[Stored items from a collection]
::::::::

-- ===== src/Hierarchy/Order.antt =====
-- The tree depends on the set of names only.
use log4cplus.Common.{
  ℕ, ◌≡◌, refl, Bool, true, false, Option, none, some, List, [], ◌∷◌, Text, Option-cases, inl, inr,
  arith, codes, if◌then◌else◌,
}
use log4cplus.Common.Map.{Map, find}
use log4cplus.Hierarchy.Names.{prefixes}
use log4cplus.Hierarchy.Closest.{closest, nearest, closest_at_root, closest_at_nearest}
use log4cplus.Hierarchy.Inv.{Inv}
use log4cplus.Hierarchy.{Hierarchy, LoggerImpl}

-- The name of the parent of the logger at a name.
name_of : (ℕ → LoggerImpl) → Option ℕ → Option Text
name_of heap none = none
name_of heap (some p) = some (heap p).name

pub parent_name : Text → Hierarchy → Option Text
unfolding name_of
parent_name n h = elim (find n h.logger_ptrs) [
  | none ↦ none
  | some a ↦ name_of h.heap (h.heap a).parent
]

abbrev pub there : Text → Map ℕ → Bool
there n m = elim (find n m) [ none ↦ false | some a ↦ true ]

nearest-there :
    (m m' : Map ℕ) (ps : List Text)
    → ((n : Text) → there n m ≡ there n m')
    → nearest m ps ≡ nearest m' ps
unfolding nearest
nearest-there m m' [] same = refl
nearest-there m m' (p ∷ ps) same = ground (arith, same p, nearest-there m m' ps same)

abbrev pub root_or : Option Text → Text
root_or none = codes "root"
root_or (some q) = q

closest_name :
    (h : Hierarchy) (ps : List Text)
    → Inv h
    → (h.heap (closest h.logger_ptrs ps)).name ≡ root_or (nearest h.logger_ptrs ps)
closest_name h ps v = elim (Option-cases (nearest h.logger_ptrs ps)) [
  | inl e ↦ ground (arith, e, closest_at_root h.logger_ptrs ps e, v.root_name)
  | inr (q, e) ↦
      ground
        (arith, e, v.named q (closest h.logger_ptrs ps) (closest_at_nearest h.logger_ptrs q ps e).0)
]

pub parent_name_lem :
    (n : Text) (h : Hierarchy)
    → Inv h
    → parent_name n h ≡ (
        if there n h.logger_ptrs then some (root_or (nearest h.logger_ptrs (prefixes n))) else none)
unfolding parent_name
parent_name_lem n h v = elim (Option-cases (find n h.logger_ptrs)) [
  | inl e ↦ ground (arith, e)
  | inr (a, e) ↦ ground (arith, e, v.parented n a e, closest_name h (prefixes n) v)
]

-- Two trees that satisfy the invariant and have loggers at the same names have, at every name,
-- parents with the same name: the order in which the loggers were made does not matter.
pub parent_name-order :
    (n : Text) (h h' : Hierarchy)
    → Inv h
    → Inv h'
    → ((p : Text) → there p h.logger_ptrs ≡ there p h'.logger_ptrs)
    → parent_name n h ≡ parent_name n h'
parent_name-order n h h' v v' same = ground (
  arith,
  same n,
  nearest-there h.logger_ptrs h'.logger_ptrs (prefixes n) same,
  parent_name_lem n h v,
  parent_name_lem n h' v',
)
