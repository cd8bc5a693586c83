-- ===== src/Hierarchy/History.antt =====
-- The tree that a history of `getInstance` calls builds, in terms of the names alone.
use log4cplus.Common.{
  ℕ, ◌≡◌, refl, Bool, false, not, ◌&&◌, ◌||◌, Option, none, some, List, [], ◌∷◌, Text, text_eq,
  text_eq_iff, is_empty, Bool-cases, inl, inr, arith, if◌then◌else◌, All,
}
use log4cplus.Common.Map.{find}
use log4cplus.Hierarchy.Names.{prefixes}
use log4cplus.Hierarchy.Closest.{nearest}
use log4cplus.Hierarchy.Inv.{Inv}
use log4cplus.Hierarchy.GetInstance.{Gets, Safe, get_instances, get_instance-Gets, init-Inv}
use log4cplus.Hierarchy.Order.{there, root_or, parent_name, parent_name_lem}
use log4cplus.Hierarchy.{Hierarchy, init}

-- A logger other than the root was asked for.
unfoldable pub asked : Text → List Text → Bool
asked p [] = false
asked p (name ∷ names) = (not (is_empty p) && text_eq p name) || asked p names

-- The first of some names that was asked for, or the root's.
unfoldable pub first_asked : List Text → List Text → Option Text
unfolding asked
first_asked names [] = none
first_asked names (q ∷ qs) = if asked q names then some q else first_asked names qs

there-Gets :
    (p name : Text) (h h' : Hierarchy) (a : ℕ)
    → Inv h
    → Gets name h a h'
    → there p h'.logger_ptrs ≡ there p h.logger_ptrs || (not (is_empty p) && text_eq p name)
there-Gets [] name h h' a v g = ground (arith, v.no_empty, g.inv.no_empty)
there-Gets (c ∷ cs) name h h' a v g = elim (Bool-cases (text_eq (c ∷ cs) name)) [
  | inl e ↦ ground (arith, e, (text_eq_iff (c ∷ cs) name).0 e, g.there)
  | inr e ↦ ground (arith, e, g.only (c ∷ cs), text_eq_iff (c ∷ cs) name)
]

-- The loggers after some calls are those before and those asked for.
pub get_instances-there :
    (names : List Text) (h : Hierarchy)
    → Inv h
    → All Safe names
    → (h' : Hierarchy) × (get_instances names h ≡ some h')
      × Inv h'
      × ((p : Text) → there p h'.logger_ptrs ≡ there p h.logger_ptrs || asked p names)
unfolding get_instances asked
get_instances-there [] h v safe = (h, refl, v, λ p. ground arith)
get_instances-there (name ∷ names) h v safe =
    let (a, h₁, g) = get_instance-Gets name h v safe.0 in
    let (h', run, v', grown) = get_instances-there names h₁ g.inv safe.1 in
    (
      h',
      rw (g.run, get_instances) run,
      v',
      λ p. ground (arith, there-Gets p name h h₁ a v g, grown p),
    )

nearest-asked :
    (names : List Text) (h : Hierarchy) (ps : List Text)
    → ((p : Text) → there p h.logger_ptrs ≡ asked p names)
    → nearest h.logger_ptrs ps ≡ first_asked names ps
unfolding nearest first_asked
nearest-asked names h [] same = refl
nearest-asked names h (p ∷ ps) same = ground (arith, same p, nearest-asked names h ps same)

there-init : (p : Text) → there p init.logger_ptrs ≡ false
unfolding init find
there-init p = refl

-- Any sequence of getInstance calls from the initial hierarchy, with names none of which is r, ro
-- or roo, returns; then the logger of a name that was asked for has as its parent the logger of the
-- longest proper dotted prefix of the name that was asked for, or the root where none was, and no
-- other name has a logger.
pub parent_name-get_instances :
    (names : List Text)
    → All Safe names
    → (h : Hierarchy) × (get_instances names init ≡ some h)
      × ((n : Text)
          → parent_name n h
            ≡ (if asked n names then some (root_or (first_asked names (prefixes n))) else none))
parent_name-get_instances names safe =
    let (h, run, v, grown) = get_instances-there names init init-Inv safe in
    let same : (p : Text) → there p h.logger_ptrs ≡ asked p names =
      λ p. ground (arith, grown p, there-init p) in
    (
      h,
      run,
      λ n. ground (arith, parent_name_lem n h v, same n, nearest-asked names h (prefixes n) same),
    )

::::::::

Where the string "then" occurs in the data, return the whole line.

:: Answer for this exercise ::
  arith, codes, if◌then◌else◌,
        if there n h.logger_ptrs then some (root_or (nearest h.logger_ptrs (prefixes n))) else none)
  text_eq_iff, is_empty, Bool-cases, inl, inr, arith, if◌then◌else◌, All,
first_asked names (q ∷ qs) = if asked q names then some q else first_asked names qs
-- or roo, returns; then the logger of a name that was asked for has as its parent the logger of the
            ≡ (if asked n names then some (root_or (first_asked names (prefixes n))) else none))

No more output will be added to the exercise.